Note 1: I would remind the reader that the harp is not capable of double sharps or double flats. For this reason, certain modulations from one key to another one, adjacent to it can only be accomplished enharmonically. For instance, the transition from C flat, G flat or D flat, major to their minor sub-dominant chords or keys is not possible owing to double flats. It is therefore necessary to start enharmonically from the keys of B, F sharp or C sharp, major. Similarly, on account of double sharps, it is impossible to change from A sharp, D sharp or G sharp, minor to their respective dominant major chords or keys; B flat, E flat and A flat, minor must be the starting-points.
Note 2: A chromatic harp without pedals has now been invented in France (Lyon’s system) on which the most abrupt modulations are possible.
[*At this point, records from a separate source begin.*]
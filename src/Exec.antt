-- ===== src/Exec.antt =====
-- Python code that may raise (`Result`), and code that also reads and writes the site's state
-- (`Exec`). What was written before a raise stays written until the request is rolled back, so the
-- state comes back beside an error too.
pub mod Laws
pub mod Steps
use contract_management.Prelude.{Bool, true, false, Option, none, some, List, [], ◌∷◌}
use contract_management.Failure.{Error}
use contract_management.Failure.{Result, ok, err}

pub data Outcome {ℓ κ} (W : Type ℓ) (A : Type κ) : Type (ℓ ⊔ κ) where
  returned : A → W → Outcome W A
  raised : Error → W → Outcome W A

abbrev pub Exec {ℓ κ} : Type ℓ → Type κ → Type (ℓ ⊔ κ)
Exec W A = W → Outcome W A

-- The state in which a call left the site.
abbrev pub state_of {ℓ κ} : {W : Type ℓ} {A : Type κ} → Outcome W A → W
state_of (returned a w) = w
state_of (raised e w) = w

module _ {ℓ κ} {W : Type ℓ} {A : Type κ} where
  unfoldable pub pure : A → Exec W A
  pure a w = returned a w

  unfoldable pub raise : Error → Exec W A
  raise e w = raised e w

  unfoldable pub lift : Result A → Exec W A
  lift (ok a) w = returned a w
  lift (err e) w = raised e w

  unfoldable pub gets : (W → A) → Exec W A
  gets f w = returned (f w) w

  -- `frappe.get_doc` on a row that may be missing.
  unfoldable pub or_raise : Option A → Error → Exec W A
  or_raise none e w = raised e w
  or_raise (some a) e w = returned a w

module _ {ℓ} {W : Type ℓ} where
  unfoldable pub skip : Exec W (Unit {0})
  skip w = returned tt w

  unfoldable pub modify : (W → W) → Exec W (Unit {0})
  modify f w = returned tt (f w)

  -- if condition: frappe.throw(…)
  unfoldable pub throw_if : Bool → Error → Exec W (Unit {0})
  throw_if true e w = raised e w
  throw_if false e w = returned tt w

  unfoldable pub when : Bool → Exec W (Unit {0}) → Exec W (Unit {0})
  unfolding skip
  when true m = m
  when false m = skip

infixl 5 ◌>>=◌ ◌>>◌
-- Opening this opens the ways to build a call too.
unfoldable pub ◌>>=◌ {ℓ κ μ} :
    {W : Type ℓ} {A : Type κ} {B : Type μ} → Exec W A → (A → Exec W B) → Exec W B
unfolding pure raise lift gets or_raise skip modify throw_if when
◌>>=◌ m f w = elim (m w) [ returned a w' ↦ f a w' | raised e w' ↦ raised e w' ]

abbrev pub ◌>>◌ {ℓ κ μ} : {W : Type ℓ} {A : Type κ} {B : Type μ} → Exec W A → Exec W B → Exec W B
m >> n = m >>= λ _. n

-- for x in xs: body(x)
unfoldable pub for_each {ℓ κ} :
    {W : Type ℓ} {A : Type κ} → List A → (A → Exec W (Unit {0})) → Exec W (Unit {0})
for_each [] body = skip
for_each (x ∷ xs) body = body x >> for_each xs body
The technical operation known as glissando is peculiar to the harp alone. Taking for granted that the reader is conversant with the methods of acquiring different scales by means of double-notched pedals, it will be sufficient to remark that glissando scales produce a discordant medley of sound owing to the length of time the strings continue to vibrate, and therefore, as a purely musical effect,glissando can only be used in the upper octaves, quite piano, where the sound of the strings is sufficiently clear, yet not too prolonged. Forte glissando scales, entailing the use of the lower and middle strings are only permissible as embellishments. Glissando passages in chords of the seventh and ninth, enharmonically obtained, are much more common, and as the above reservations do not apply, every dynamic shade of tone is possible. Chords in harmonics can only consist of three notes written close together, two for the left hand and one for the right.

 

The tender poetic quality of the harp is adapted to every dynamic shade, but it is never a very powerful instrument, and the orchestrator should treat it with respect.

 

At least three, if not four harps in unison are necessary, if they are to be heard against a full orchestra playing forte. The more rapidly a glissando passage is played, the louder it will sound. Harmonic notes on the harp have great charm but little resonance, and are only possible played quite softly. Speaking generally, the harp, like the string quartet, pizzicato, is more an instrument of color than expression.